The problem is as follows:
A test table. The character set uses latin1.
Select to_id from test where to_id = 'cn elephant _ Wang ';
+ --------------- +
| To_id |
+ --------------- +
| Cn Tao _ Tao |
| Cn xiang_wang |
+ --------------- +
2 rows in set (0.00 sec)
The data of cn elephant King was retrieved.
This is obviously not allowed.
View their encoding:
(Root @ im_offlog1a :) [test]> select hex ('cn Tao _ tao ');
+ ---------------- +
| Hex ('cn Tao _ tao') |
+ ---------------- +
| 636ECCD55FCCD5 |
+ ---------------- +
1 row in set (0.00 sec)
(Root @ im_offlog1a :) [test]> select hex ('cn elephant _ Wang ');
+ ---------------- +
| Hex ('cn elephant _ Wang ') |
+ ---------------- +
| 636ECFF35FCDF5 |
+ ---------------- +
1 row in set (0.00 sec)
The encoding is indeed different, but why does mysql think the two records are the same?

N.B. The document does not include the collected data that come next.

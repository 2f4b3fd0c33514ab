-- ===== src/Emulate/Tests.antt =====
-- Concrete emulator states and values.
use dbrew.Prelude.{ℕ, ◌%◌, ◌^◌, ◌≤◌, ◌≡◌, refl, ◌⊎◌, inl, inr, true, some, [], ◌∷◌, ◌++◌, arith}
use dbrew.Prelude.{length, get_elem?}
use dbrew.Emulate.Saved.{savedstate_max, find_saved, saved, save_emu_state}
use dbrew.Emulate.RegisterLaws.{get_op_value-set_op_value}
use dbrew.Emulate.StackRoundTrip.{get_stack_value-set_stack_value}
use dbrew.Emulate.StateLaws.{es_is_equal_sound}
use dbrew.Emulate.SaveRestore.{IsStackValid, snapshot, restored, copy-clone, es_is_equal-clone}
use dbrew.Emulate.Meta.{cs_static, init_meta_state, ms_is_static, EmuValue}
use dbrew.Emulate.Meta.{combine_state4_flags}
use dbrew.Emulate.FlagLaws.{sub_flags, set_flags_sub_lem, set_flags_add_carry}
use dbrew.Emulate.Stack.{stack_value_bytes, get_stack_value, set_stack_state, set_stack_value}
use dbrew.Emulate.StackLaws.{low_bytes}
use dbrew.Emulate.Operand.{World, get_op_value, set_op_value, apply_base, apply_ip, apply_index}
use dbrew.Emulate.Operand.{apply_static_to_ind}
use dbrew.Emulate.OperandLaws.{addr_val, apply_static_to_ind-addr_val}
use dbrew.Emulate.State.{Cell, dead_cell, EmuState, dynamic_cell, normalize, cs_is_equal}
use dbrew.Emulate.State.{cells_equal, flag_list, none_static, stacks_equal, es_is_equal}
use dbrew.Emulate.State.{copy_ret, copy_emu_state, alloc_emu_state, clone_emu_state}
use dbrew.Emulate.Flags.{sign_bit, set_flags_sub, set_flags_add}
use dbrew.Emulate.SaveLaws.{save_emu_state_again, save_emu_state_lem}
use dbrew.Instr.Kinds.{rt_none, rt_gp8, rt_gp64, vt_8, vt_16, vt_64, OpType, ot_reg8, ot_ind64}
use dbrew.Instr.Kinds.{OpSegOverride, oso_none}
use dbrew.Instr.Types.{Operand}
use dbrew.Instr.Operands.{op_is_ind}
use dbrew.Instr.Registers.{reg_val_type}

abbrev static_cell : ℕ → Cell
static_cell v = record { val = v; state = init_meta_state cs_static }

-- A state at address 4096 with one register and a stack of four bytes, the upper two accessed.
abbrev small : EmuState
small = record {
  parent = some 4096;
  regs = static_cell 5 ∷ dead_cell ∷ [];
  reg_ip = 0;
  reg_ip_state = init_meta_state cs_static;
  flags = record {
    carry = dead_cell;
    zero_ = dead_cell;
    sign = dead_cell;
    overflow = dead_cell;
    parity = dead_cell;
  };
  stack = dead_cell ∷ dead_cell ∷ static_cell 1 ∷ dynamic_cell ∷ [];
  stack_start = 100;
  stack_accessed = 102;
  stack_top = 104;
  ret_stack = 0 ∷ 0 ∷ [];
  depth = 1;
}

small-IsStackValid : IsStackValid small
small-IsStackValid = record { top_eq = refl; start_le = omega arith; accessed_le = omega arith }

abbrev snap : EmuState
snap = snapshot small 4096 small

es_is_equal_sound_example :
    (ms_is_static (init_meta_state cs_static) ≡ true) × (◌≡◌ {A = ℕ} 5 5) × (◌≡◌ {A = ℕ} 1 1)
unfolding es_is_equal cells_equal cs_is_equal stacks_equal none_static flag_list normalize
    ms_is_static copy_ret
es_is_equal_sound_example =
    es_is_equal_sound small snap 0 (static_cell 5) (static_cell 5) refl refl refl refl

copy-clone_example :
    (s : EmuState) × (clone_emu_state small dead_cell 4096 small ≡ some s)
    × (copy_emu_state small s ≡ some (restored small small 4096 small))
copy-clone_example = copy-clone small small dead_cell 4096 small small-IsStackValid refl

es_is_equal-clone_example :
    (s : EmuState) × (clone_emu_state small dead_cell 4096 small ≡ some s)
    × (es_is_equal small s ≡ true)
unfolding none_static ms_is_static
es_is_equal-clone_example =
    es_is_equal-clone small dead_cell 4096 small small-IsStackValid refl refl

save_small : save_emu_state small dead_cell 4096 small [] ≡ some (saved 0 (snap ∷ []))
unfolding save_emu_state find_saved clone_emu_state copy_emu_state alloc_emu_state
save_small = refl

save_emu_state_again_example :
    save_emu_state small dead_cell 4096 small (snap ∷ []) ≡ some (saved 0 (snap ∷ []))
unfolding none_static ms_is_static
save_emu_state_again_example =
    save_emu_state_again small dead_cell 4096 small small-IsStackValid refl refl [] 0 (snap ∷ [])
      save_small

save_emu_state_lem_example :
    (s : EmuState) × (get_elem? (snap ∷ []) 0 ≡ some s)
    × (es_is_equal small s ≡ true)
    × (length (snap ∷ []) ≤ savedstate_max)
    × ((snap ∷ [] ≡ []) ⊎ ((◌≡◌ {A = ℕ} 0 0) × (snap ∷ [] ≡ [] ++ s ∷ [])))
unfolding none_static ms_is_static
save_emu_state_lem_example =
    save_emu_state_lem small dead_cell 4096 small small-IsStackValid refl refl [] 0 (snap ∷ [])
      (omega arith) save_small

abbrev byte_value : ℕ → EmuValue
byte_value v = record { val = v; type = vt_8; state = init_meta_state cs_static }

set_flags_sub_lem_example :
    set_flags_sub small (byte_value 3) (byte_value 200)
    ≡ some (
      combine_state4_flags cs_static cs_static,
      sub_flags small (combine_state4_flags cs_static cs_static) 7 3 200,
    )
unfolding sign_bit
set_flags_sub_lem_example =
    set_flags_sub_lem small (byte_value 3) (byte_value 200) 7 refl refl (omega arith) (omega arith)

set_flags_add_carry_example :
    (es : EmuState) × (set_flags_add small (byte_value 1) (byte_value 128) ≡ some es)
    × (es.flags.carry.val ≡ 1)
set_flags_add_carry_example =
    set_flags_add_carry small (byte_value 1) (byte_value 128) refl refl (omega arith) (omega arith)
      (omega arith)

-- The offset 0 and a value of two bytes.
abbrev at_0 : EmuValue
at_0 = record { val = 0; type = vt_64; state = init_meta_state cs_static }

abbrev word_value : EmuValue
word_value = record { val = 0x12345; type = vt_16; state = init_meta_state cs_static }

get_stack_value-set_stack_value_example :
    (es1 : EmuState) × (es2 : EmuState) × (set_stack_value small word_value at_0 ≡ some es1)
    × (set_stack_state es1 at_0 vt_16 (init_meta_state cs_static) ≡ some es2)
    × (get_stack_value es2 vt_16 at_0
        ≡ some
            (record { val = low_bytes 2 0x12345; type = vt_16; state = init_meta_state cs_static }))
    × (get_elem? es2.stack 3 ≡ some dynamic_cell)
    × (es2.regs ≡ small.regs)
unfolding stack_value_bytes
get_stack_value-set_stack_value_example =
    get_stack_value-set_stack_value small word_value at_0 (init_meta_state cs_static) 2 3 refl
      (omega arith) refl (inr (omega arith))

-- The memory at the first register plus 16.
abbrev ind_operand : Operand
ind_operand = record {
  val = 16;
  type = ot_ind64;
  reg = record { rt = rt_gp64; ri = 0 };
  ireg = record { rt = rt_none; ri = 0 };
  scale = 0;
  seg = oso_none;
}

abbrev applied_operand : Operand
applied_operand = record ind_operand { val = 21; reg = record { rt = rt_none; ri = 0 } }

apply_static_to_ind-addr_val_example :
    (addr_val small applied_operand ≡ addr_val small ind_operand)
    × (◌≡◌ {A = OpType} ot_ind64 ot_ind64)
    × (◌≡◌ {A = OpSegOverride} oso_none oso_none)
unfolding apply_static_to_ind apply_base apply_ip apply_index op_is_ind ms_is_static
apply_static_to_ind-addr_val_example =
    apply_static_to_ind-addr_val small ind_operand applied_operand refl refl (omega arith) refl

abbrev small_world : World
small_world = record { es = small; mem = λ a. 0; fs_mem = λ a. 0 }

abbrev reg_operand : Operand
reg_operand = record ind_operand { type = ot_reg8; reg = record { rt = rt_gp8; ri = 0 } }

get_op_value-set_op_value_example :
    (w' : World) × (set_op_value (byte_value 300) small_world reg_operand ≡ some w')
    × (get_op_value w' reg_operand
        ≡ some (record { val = 300 % 2 ^ 8; type = vt_8; state = init_meta_state cs_static }))
    × (get_elem? w'.es.regs 0 ≡ some (static_cell (300 % 2 ^ 8)))
    × (get_elem? w'.es.regs 1 ≡ some dead_cell)
    × (w'.mem ≡ small_world.mem)
unfolding reg_val_type
get_op_value-set_op_value_example =
    get_op_value-set_op_value (byte_value 300) small_world reg_operand 8 1 (static_cell 5)
      (inl (refl, refl, refl)) refl refl (omega arith) (λ e. omega (arith, e))
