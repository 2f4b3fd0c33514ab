-- ===== src/Engine.antt =====
-- The generation of code from captured blocks: `generateBinaryFromCaptured` in src/engine.c, with
-- src/buffers.c.
pub mod Blocks
pub mod Place
pub mod Link
pub mod Spacing
pub mod Displacement
pub mod PlaceLaws
pub mod LinkLaws
pub mod Layout
pub mod LayoutLaws
pub mod Storage
pub mod Emit
pub mod Pass1
pub mod Pass1Ends
pub mod Emitted
pub mod Visit
pub mod Laid
pub mod Reach
pub mod Push
pub mod ReachSteps
pub mod ReachGenerates
pub mod Pass1Laws
pub mod Binary
pub mod View
pub mod Start
pub mod Whole
pub mod BinaryLaws
mod Tests
mod GenerateTests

At the beginning, we located the problem caused by collation.
View show variables
| Collation_connection | latin1_swedish_ci
| Collation_database | latin1_swedish_ci
| Collation_server | latin1_swedish_ci
Manually change these parameters to latin1_bin, and the result is the same. This is really strange.
Here we will first explain the naming rules for mysql collation:
They start with their relevant Character Set names, usually include a language name, and end with _ ci (Case Insensitive), _ cs (case sensitive), or _ bin (Binary)
For example, the latin1 character set has the following correction rules:
Proofread Rule Meaning
Latin1_german1_ci Germany DIN-1
Latin1_swedish_ci Sweden/Finland
Latin1_danish_ci Denmark/Norway
Latin1_german2_ci Germany DIN-2
Latin1_bin complies with latin1 encoding binary
Latin1_general_ci multi-language (Western Europe)
Latin1_general_cs multi-language (Western Europe ISO), case sensitive
Latin?spanish_ci modern Spain
Finally, we recreate the table and manually specify the table-level collation as latin1_bin.
This problem is solved.
The problem arises again. Why does it not take effect when I manually test latinrelease bin?
MySQL used to select the table Character Set and proofreading rules as follows:
If character set x and collate y are specified, character set x and collate y are used.
If the character set x is specified but the collate y is not specified, the character set x and character set x are used as the default proofreading rules.
Otherwise, the server Character Set and server verification rules are used.
The character set is specified during table creation, so it always adopts the corresponding default proofreading rules.
Of course, we do not need TO recreate the table. We only need TO alter table db_allot convert to character set latin1 COLLATE latin1_bin to convert the table.
In addition, we recommend that collation use the bin-type checking rules of the character set as much as possible to avoid errors.